Once happy with the finish, it was sealed with Autobrite Ultra Slick Sealant then waxed with Swissvax Crystal Rock. A few extras were then done before collection:



















Wheels were then sealed with Swissvax Autobahn & windows sealed with Autobrite Repel. Tyres then dressed with Meguiars Endurance and plastics dressed with Autofinesse Revive.
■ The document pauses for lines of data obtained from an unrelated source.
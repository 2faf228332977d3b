-- ===== src/Gateway/Tests.antt =====
-- Runs of the gateway, and its theorems at concrete packets and steps.
use hogs.Prelude.{
  List, String, ℕ, arith, true, false, none, some, [], ◌∷◌, ◌++◌, ◌≤◌, ◌≡◌, refl, length, ◌↔◌,
}
use hogs.Prelude.Fallible.{ok}
use hogs.Gateway.Codec.{
  Bytes, append_var_int, read_packet, parse_handshake, parse_login_username, all_username_bytes,
  minecraft_packet, minecraft_string,
}
use hogs.Gateway.Codec.Messages.{
  read_packet-minecraft_packet, handshake_bytes, parse_handshake-handshake_bytes,
  parse_login_username_iff,
}
use hogs.Gateway.Logins.{Within, allow_offline_login, logins, allow_offline_login_again}
use hogs.Gateway.Wake.{Settings, request_wake, estimated_boot_locked, new_minecraft_gateway}
use hogs.Gateway.Wake.Tasks.{
  World, Step, Reach, IsSound, opened, after_request, counted, Reach-IsSound,
}

var_int_300 : append_var_int [] 300 ≡ 172 ∷ 2 ∷ []
unfolding append_var_int
var_int_300 = refl

abbrev steve : Bytes
steve = 83 ∷ 116 ∷ 101 ∷ 118 ∷ 101 ∷ []

read_packet-minecraft_packet_example :
    read_packet (minecraft_packet steve ++ 7 ∷ []) ≡ ok (steve, minecraft_packet steve, 7 ∷ [])
read_packet-minecraft_packet_example =
    read_packet-minecraft_packet steve (7 ∷ []) (omega arith) (omega arith)

parse_handshake-handshake_bytes_example :
    parse_handshake (handshake_bytes 763 steve 99 221 2 [])
    ≡ ok (record { protocol = 763; host = steve; port = 25565; next_state = 2 })
parse_handshake-handshake_bytes_example =
    parse_handshake-handshake_bytes 763 steve 99 221 2 [] (omega arith) (omega arith) (omega arith)
      (omega arith)

parse_login_username_iff_example :
    (parse_login_username (append_var_int [] 0 ++ (minecraft_string steve ++ [])) ≡ ok steve)
    ↔ ((3 ≤ length steve) × (length steve ≤ 64) × (all_username_bytes steve ≡ true))
parse_login_username_iff_example = parse_login_username_iff steve [] (omega arith)

abbrev settings : Settings
settings = record { wake_cooldown = 30; default_boot = 120 }

abbrev closed : World
closed = opened false false 0 (70 ∷ 90 ∷ []) none

woken : Reach settings closed (after_request 100 closed (request_wake settings 100 closed.gateway))
woken = Reach.more Reach.done (Step.wake 100)

one_start : (after_request 100 closed (request_wake settings 100 closed.gateway)).tasks ≡ 1
unfolding after_request request_wake opened counted new_minecraft_gateway
one_start = refl

Reach-IsSound_example :
    IsSound settings (after_request 100 closed (request_wake settings 100 closed.gateway))
Reach-IsSound_example = Reach-IsSound settings false false 0 (70 ∷ 90 ∷ []) none (omega arith) woken

estimate : estimated_boot_locked settings closed.gateway ≡ some 90
unfolding estimated_boot_locked opened new_minecraft_gateway
estimate = refl

abbrev others : List (String × ℕ)
others = ("10.0.0.2", 12) ∷ ("10.0.0.1", 13) ∷ []

allow_offline_login_again_example :
    (allow_offline_login 5
      (logins 5 others (allow_offline_login 5 [] "10.0.0.1" 10).0)
      "10.0.0.1"
      14).1
    ≡ false
unfolding allow_offline_login Within
allow_offline_login_again_example =
    allow_offline_login_again 5 "10.0.0.1" 10 14 others [] refl
      ((omega arith, omega arith), ((omega arith, omega arith), tt)) (omega arith) (omega arith)
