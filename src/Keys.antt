-- ===== src/Keys.antt =====
-- auth/apikey.go, with the table api_keys of database/database.go: the keys of machine clients, and
-- the roles that a route asks of them. The hash of a key, the text of a time, and whether the
-- database answers are given.
pub mod Rows
pub mod Passed
pub mod Rotation
mod Tests
use hogs.Prelude.{
  ℕ, zero, suc, ◌+◌, ◌<◌, String, Bool, true, false, not, ◌&&◌, ◌||◌, Option, none, some, List, [],
  ◌∷◌, ◌==◌, ◌++◌, any, keep, map, eqb, leb, ltb, length, if◌then◌else◌,
}
use hogs.Prelude.Text.{codes, codes_eq}
use hogs.Prelude.Fallible.{Result, ok, err}

-- A text by its bytes.
abbrev pub Bytes : Type 0
Bytes = List ℕ

-- `APIKey`, a row of the table.
pub record Key : Type 0 where
  pub id : ℕ
  pub name : String
  pub key_hash : Bytes
  pub key_prefix : Bytes
  pub role : String
  pub created_at : String
  pub last_used : Option String
  pub expires_at : Option String

-- The table, and its AUTOINCREMENT.
pub record Table : Type 0 where
  pub rows : List Key
  pub next_id : ℕ

unfoldable pub get_by_hash : Bytes → List Key → Option Key
get_by_hash h [] = none
get_by_hash h (k ∷ rows) =
    let later = get_by_hash h rows in if codes_eq k.key_hash h then some k else later

inserted : Key → Table → Option Key → Option Table
inserted key t (some k) = none
inserted key t none =
    some (record { rows = t.rows ++ record key { id = t.next_id } ∷ []; next_id = t.next_id + 1 })

-- INSERT: `key_hash` is UNIQUE.
unfoldable pub create : Key → Table → Option Table
unfolding inserted get_by_hash
create key t = inserted key t (get_by_hash key.key_hash t.rows)

unfoldable pub without_name : String → List Key → List Key
without_name name rows = keep (λ k. not (k.name == name)) rows

-- `ReplaceAPIKeyByName`, in a transaction.
unfoldable pub replace_by_name : Key → Table → Option Table
unfolding create without_name
replace_by_name key t = create key (record t { rows = without_name key.name t.rows })

unfoldable pub delete : ℕ → Table → Table
delete id t = record t { rows = keep (λ k. not (eqb k.id id)) t.rows }

touch : ℕ → String → Key → Key
touch id now k = if eqb k.id id then record k { last_used = some now } else k

-- `UpdateAPIKeyLastUsed`
unfoldable pub update_last_used : ℕ → String → Table → Table
unfolding touch
update_last_used id now t = record t { rows = map (touch id now) t.rows }

-- strings.TrimPrefix, where the prefix is there.
unfoldable pub strip : Bytes → Bytes → Option Bytes
strip [] text = some text
strip (p ∷ ps) [] = none
strip (p ∷ ps) (c ∷ text) = let rest = strip ps text in if eqb p c then rest else none

abbrev pub api_key_prefix : Bytes
api_key_prefix = codes "hogs_"

abbrev pub bearer : Bytes
bearer = codes "Bearer "

-- The clock, in a time's order and as the database stores it, and the time that a text gives.
pub record Clock : Type 0 where
  pub now : ℕ
  pub text : String
  pub parse : String → Option ℕ

unfoldable pub is_expired : Clock → Option String → Bool
is_expired c none = false
is_expired c (some text) =
    if text == ""
    then false
    else elim (c.parse text) [ none ↦ false | some expires ↦ ltb expires c.now ]

pub data Answer : Type 0 where
  internal_error unauthorized forbidden : Answer
  passed : Key → Answer

abbrev pub take : ℕ → Bytes → Bytes
take zero xs = []
take (suc n) [] = []
take (suc n) (x ∷ xs) = x ∷ take n xs

module _ (hash : Bytes → Bytes) (c : Clock) where
  -- The token of a header.
  unfoldable pub token_of : Bytes → Option Bytes
  unfolding strip
  token_of header = elim (strip bearer header) [
    | none ↦ none
    | some token ↦ elim (strip api_key_prefix token) [ none ↦ none | some rest ↦ some token ]
  ]

  unfoldable pub accept : Option Key → Option Key
  unfolding is_expired
  accept none = none
  accept (some k) = if is_expired c k.expires_at then none else some k

  -- `Authenticate`; `is_up` tells whether the database answers.
  unfoldable pub authenticate : Bool → Bytes → Table → Result (Unit {0}) (Option Key) × Table
  unfolding token_of accept get_by_hash update_last_used
  authenticate is_up header t = elim (token_of header) [
    | none ↦ (ok none, t)
    | some token ↦
        if not is_up then (err tt, t) else elim (accept (get_by_hash (hash token) t.rows)) [
          | none ↦ (ok none, t)
          | some k ↦ (ok (some k), update_last_used k.id c.text t)
        ]
  ]

  -- `RequireAPIKeyRole`, for the key in the request's context.
  unfoldable pub require_role : List String → Option Key → Answer
  require_role roles none = Answer.unauthorized
  require_role roles (some k) =
      if any (λ role. role == k.role) roles then Answer.passed k else Answer.forbidden

  served : List String → Result (Unit {0}) (Option Key) × Table → Answer × Table
  unfolding require_role
  served roles (ok key, t) = (require_role roles key, t)
  served roles (err e, t) = (Answer.internal_error, t)

  -- `APIKeyMiddleware` before a route that asks for roles.
  unfoldable pub serve : List String → Bool → Bytes → Table → Answer × Table
  unfolding authenticate served
  serve roles is_up header t = served roles (authenticate is_up header t)

  unfoldable pub bootstrap_key : String → Bytes → Key
  bootstrap_key name plain = record {
    id = 0;
    name = name;
    key_hash = hash plain;
    key_prefix = take 8 plain;
    role = "admin";
    created_at = c.text;
    last_used = none;
    expires_at = none;
  }

  is_installed : String → Option Key → Bool
  is_installed name none = false
  is_installed name (some k) = k.name == name && k.role == "admin"

  is_credential : String → Bytes → Bool
  unfolding strip
  is_credential name plain =
      not (name == "")
      && leb 8 (length plain)
      && (elim (strip api_key_prefix plain) [ none ↦ false | some rest ↦ true ])

  rotated : Option Table → Table → Result (Unit {0}) Bool × Table
  rotated none t = (err tt, t)
  rotated (some new) t = (ok true, new)

  -- `BootstrapAdminAPIKey`: whether it changed the table, or that it failed.
  unfoldable pub bootstrap : Bool → String → Bytes → Table → Result (Unit {0}) Bool × Table
  unfolding is_installed bootstrap_key replace_by_name is_credential rotated
  bootstrap is_up name [] t = (ok false, t)
  bootstrap is_up name (b ∷ bytes) t =
      let plain = b ∷ bytes in
      if not (is_credential name plain) || not is_up
      then (err tt, t)
      else if is_installed name (get_by_hash (hash plain) t.rows)
      then (ok false, t)
      else rotated (replace_by_name (bootstrap_key name plain) t) t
Once happy with the final inspection these photos were taken:









































































Thanks for reading our write up by CleanDetail! 
*
*Don't forget to follow us on Twitter & Facebook to see what we are working on daily*




​


----------



## Spotless Detailing (Oct 17, 2011)

Nice work. 

Callum


----------



## North east Car Care (Jan 14, 2008)

Stunning finish Nick


----------



## StuartyD (Dec 20, 2012)

Looks great bud, fantastic finish :thumb:


----------



## Luis (Sep 10, 2012)

Nice work


----------



## Bowler (Jan 23, 2011)

Nice work Nick, That looks like one low RR Sport


----------



## MidlandsCarCare (Feb 18, 2006)

Stonking stuff yet again Nicholas!


----------



## CleanDetail (Mar 7, 2009)

MidlandsCarCare said:


> Stonking stuff yet again Nicholas!


:lol: Only my Mrs call's me Nicholas, And thats normally as i've not washed the dish's.


----------



## ronwash (Mar 26, 2011)

Superb work,car looks perfect!.


----------



## UCD (Oct 27, 2010)

looks great!


----------



## Wout_RS (Jun 13, 2012)

damn looking very good!


----------



## Black.MB (Aug 22, 2012)

Good job, amazing finish:thumb:


----------



## TopSport+ (Jul 22, 2012)

stunning work


----------



## cbred (May 9, 2011)

Outstanding work on a very nice motor


----------



## CleanDetail (Mar 7, 2009)

Thank you for all the kind comments

ATB
Nick


----------



## Jonny_R (Oct 23, 2012)

Brilliant work mate, this one of the range rover red limited edition models?



Bowler said:


> Nice work Nick, That looks like one low RR Sport


RR Sports have 3 ride height settings, access - low, normal and then a higher one for offroad ground clearence all on air.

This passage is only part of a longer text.